Question

Find the derivative of $${\displaystyle \frac{1}{x^4\sec x}}$$?
A. $${\displaystyle \frac{\left[4\cos x-x\sin x\right]}{x^5}}$$
B. $${\displaystyle \frac{-\left[x\sin x+4\cos x\right]}{x^5}}$$
C. $${\displaystyle \frac{\left[4\cos x+x\sin x\right]}{x^5}}$$
D. None of these

Answer 1

Hint: We need to find the derivative of $${\displaystyle \frac{1}{x^4\sec x}}$$ with respect to ‘x’. Before differentiating we simplify it by using the definition of secant function. After simplifying we will have equation of the form $$y={\displaystyle \frac{g(x)}{h(x)}}$$, here both $$g(x)$$ and $$h(x)$$ are differentiable. To differentiate it we use the quotient rule, that is $${\displaystyle \frac{dy}{dx}}={\displaystyle \frac{g^{\prime }(x)h(x)-g(x)h^{\prime }(x)}{{(h(x))}^2}}$$.
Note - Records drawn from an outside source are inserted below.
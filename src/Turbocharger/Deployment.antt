-- ===== src/Turbocharger/Deployment.antt =====
-- pkg/turbocharger/deployment.go with pkg/syncutil/concurrently.go: putting files and their manifest
-- into the stores. The three workers and the submitter are a step relation.
pub mod Order
pub mod Runs
pub mod Same
pub mod Served
use edgerouter.Base.{
  ℕ, ◌<◌, ◌+◌, ◌≡◌, Str, bytes, Bool, List, [], ◌∷◌, ◌++◌, map, length, Option, none, some, Result,
  ok, err, panic, and_then, ◌>>=◌,
}
use edgerouter.Base.Sort.{SliceSort}
use edgerouter.Discovery.EventLog.{str_lt}
use edgerouter.Turbocharger.Ids.{ObjectId}
use edgerouter.Turbocharger.Store.{Cas, Inserted}
use edgerouter.Turbocharger.Manifest.{FilePath, ManifestMetadata, Manifest, ext, or_octet_stream}

-- The content of a file is read at once when it is submitted.
pub record FileToDeploy : Type 0 where
  pub path : Str
  pub content : Str

pub record ManifestWithId : Type 0 where
  pub id : ObjectId
  pub manifest : Manifest

abbrev pub path_lt : FilePath → FilePath → Bool
path_lt a b = str_lt a.path b.path

-- What all goroutines share: what nextFile still returns, what the workers received, what they put
-- into the store and still have to note in the manifest, the manifest's files, and the store.
pub record Deploying (S : Type 0) : Type 0 where
  pub source : List FileToDeploy
  pub received : List FileToDeploy
  pub uploaded : List FilePath
  pub files : List FilePath
  pub store : S

abbrev pub start_deploying : {S : Type 0} → List FileToDeploy → S → Deploying S
start_deploying source s = record {
  source = source;
  received = [];
  uploaded = [];
  files = [];
  store = s;
}

-- `sha256` is the digest, which fills an id.
module _ (sha256 : Str → ObjectId) where
  abbrev pub calculate_content_id : Str → ObjectId
  calculate_content_id input = sha256 input

  abbrev pub path_of : FileToDeploy → FilePath
  path_of file = record { path = file.path; content_id = calculate_content_id file.content }

  module _ {S : Type 0} (mime_type_by_extension : Str → Str) (files : Cas S) where
    abbrev pub upload : FileToDeploy → S → Inserted × S
    upload file s =
        files.insert_object (calculate_content_id file.content) file.content
          (or_octet_stream (mime_type_by_extension (ext file.path))) s

    -- A worker takes the next file, uploads it and then notes it under the mutex. There are three
    -- workers, each with one file at a time. An error ends the deployment, so that it is no step.
    pub data Step : Deploying S → Deploying S → Type 0 where
      submitted :
          {d : Deploying S} (file : FileToDeploy) (rest : List FileToDeploy)
          → d.source ≡ file ∷ rest
          → length d.received + length d.uploaded < 3
          → Step d (record d { source = rest; received = file ∷ d.received })
      inserted :
          {d : Deploying S} (front back : List FileToDeploy) (file : FileToDeploy) {s : S}
          {result : Inserted}
          → d.received ≡ front ++ file ∷ back
          → upload file d.store ≡ (result, s)
          → result.result ≡ ok tt
          → Step d (record d {
            received = front ++ back;
            uploaded = path_of file ∷ d.uploaded;
            store = s;
          })
      noted :
          {d : Deploying S} (front back : List FilePath) (file : FilePath)
          → d.uploaded ≡ front ++ file ∷ back
          → Step d (record d { uploaded = front ++ back; files = d.files ++ file ∷ [] })

    pub data Steps : Deploying S → Deploying S → Type 0 where
      done : {d : Deploying S} → Steps d d
      next : {d e f : Deploying S} → Step d e → Steps e f → Steps d f

    -- The same with one worker: file after file.
    abbrev pub after_upload : Inserted × S → Result (Unit {0}) × S
    after_upload (result, s) = (result.result, s)

    unfoldable pub upload_all : List FilePath → List FileToDeploy → S → Result (List FilePath) × S
    upload_all noted_files [] s = (ok noted_files, s)
    upload_all noted_files (file ∷ rest) s =
        and_then (after_upload (upload file s))
          (λ _ s'. upload_all (noted_files ++ path_of file ∷ []) rest s')

  module _ (sorting : SliceSort path_lt) (marshal : Manifest → Result Str) where
    abbrev pub manifest_of : ManifestMetadata → List FilePath → Manifest
    manifest_of metadata noted_files = record {
      metadata = metadata;
      files = sorting.sort noted_files;
    }

    abbrev pub kept_manifest :
        {M : Type 0} → Manifest → ObjectId → Inserted × M → Result ManifestWithId × M
    kept_manifest manifest id (result, s) =
        and_then (result.result, s) (λ _ s'. (ok (record { id = id; manifest = manifest }), s'))

    abbrev pub insert_manifest :
        {M : Type 0} → Cas M → Manifest → Result Str → M → Result ManifestWithId × M
    insert_manifest manifests manifest (ok serialized) s =
        kept_manifest manifest (calculate_content_id serialized) (
          manifests.insert_object (calculate_content_id serialized) serialized
            (bytes "application/json") s)
    insert_manifest manifests manifest (err message) s = (err message, s)
    insert_manifest manifests manifest panic s = (panic, s)

    -- Deploy, from where the workers are done.
    unfoldable pub finish_deployment :
        {M : Type 0} → Cas M → ManifestMetadata → List FilePath → M → Result ManifestWithId × M
    finish_deployment manifests metadata [] s = (err (bytes "deployment doesn't have files"), s)
    finish_deployment manifests metadata (file ∷ more) s =
        let manifest = manifest_of metadata (file ∷ more) in
        insert_manifest manifests manifest (marshal manifest) s

    abbrev pub finish_uploaded :
        {S M : Type 0}
        → Cas M
        → ManifestMetadata
        → Result (List FilePath) × S
        → M
        → Result ManifestWithId × (S × M)
    finish_uploaded manifests metadata (ok noted_files, s) m =
        let (result, m') = finish_deployment manifests metadata noted_files m in (result, (s, m'))
    finish_uploaded manifests metadata (err message, s) m = (err message, (s, m))
    finish_uploaded manifests metadata (panic, s) m = (panic, (s, m))

    -- Deploy with one worker.
    unfoldable pub deploy_in_order :
        {S M : Type 0}
        → (Str → Str)
        → Cas S
        → Cas M
        → ManifestMetadata
        → List FileToDeploy
        → S
        → M
        → Result ManifestWithId × (S × M)
    unfolding upload_all finish_deployment
    deploy_in_order mime_type_by_extension files manifests metadata source s m =
        finish_uploaded manifests metadata (upload_all mime_type_by_extension files [] source s) m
Complete step by step answer:
Now consider $$y={\displaystyle \frac{1}{x^4\sec x}}$$
We know by the definition of secant function, $$\sec x={\displaystyle \frac{1}{\cos x}}$$. Then
$$y={\displaystyle \frac{1}{x^4\left({\displaystyle \frac{1}{\cos x}}\right)}}$$
$$\Rightarrow y={\displaystyle \frac{\cos x}{x^4}}$$.
Now differentiating with respect to ‘x’
$$\Rightarrow {\displaystyle \frac{dy}{dx}}={\displaystyle \frac{d}{dx}}\left({\displaystyle \frac{\cos x}{x^4}}\right)$$.
Now to differentiate this we use quotient rule,
That is if we have $$f(x)={\displaystyle \frac{g(x)}{h(x)}}$$ and $$h(x)\ne 0$$. Then the quotient rule states that the derivative of $$f(x)$$ is $$f^1(x)={\displaystyle \frac{g^{\prime }(x)h(x)-g(x)h^{\prime }(x)}{{(h(x))}^2}}$$.
If we compare the above equation we have $$g(x)=\cos x$$ and $$h(x)=x^4$$.
$$\Rightarrow {\displaystyle \frac{dy}{dx}}={\displaystyle \frac{d}{dx}}\left({\displaystyle \frac{\cos x}{x^4}}\right)$$
Now applying the quotient rule we have,
$$\Rightarrow {\displaystyle \frac{dy}{dx}}={\displaystyle \frac{\left({\displaystyle \frac{d\left(\cos x\right)}{dx}}.x^4-\cos x.{\displaystyle \frac{d\left(x^4\right)}{dx}}\right)}{{\left(x^4\right)}^2}}$$

We know the differentiation of cosine function that is $${\displaystyle \frac{d\left(\cos x\right)}{dx}}=-\sin x$$ and also using power rule of differentiation $${\displaystyle \frac{d\left(x^4\right)}{dx}}=4x^3$$.
$$\Rightarrow {\displaystyle \frac{dy}{dx}}={\displaystyle \frac{\left(-\sin x.x^4-\cos x.4x^3\right)}{{\left(x^4\right)}^2}}$$
Now taking $$x^3$$common in the numerator we have,
$$\Rightarrow {\displaystyle \frac{dy}{dx}}={\displaystyle \frac{x^3\left(-x.\sin x-4\cos x\right)}{x^8}}$$
Cancelling the ‘x’ terms we have,
$$\Rightarrow {\displaystyle \frac{dy}{dx}}={\displaystyle \frac{\left(-x.\sin x-4\cos x\right)}{x^5}}$$
Taking negative common on the numerator we have,
$$\therefore {\displaystyle \frac{dy}{dx}}={\displaystyle \frac{-\left(x.\sin x+4\cos x\right)}{x^5}}$$.

Hence, the correct answer is option B.

Note: We have several rules of differentiation. We know the power rule of the differentiation that is the definition of $$x^n$$ with respect to ‘x’ is $${\displaystyle \frac{d}{dx}}\left(x^n\right)=n{x}^{n-1}$$. We have used this in the above steps. We also have product rule that is if the function f(x) is the product of two functions, $$y=f(x)g(x)$$ then product rule is given by $$y^1=f^1(x).g(x)+f(x).g^{\prime }(x)$$. We apply these rules depending on the given problem’s.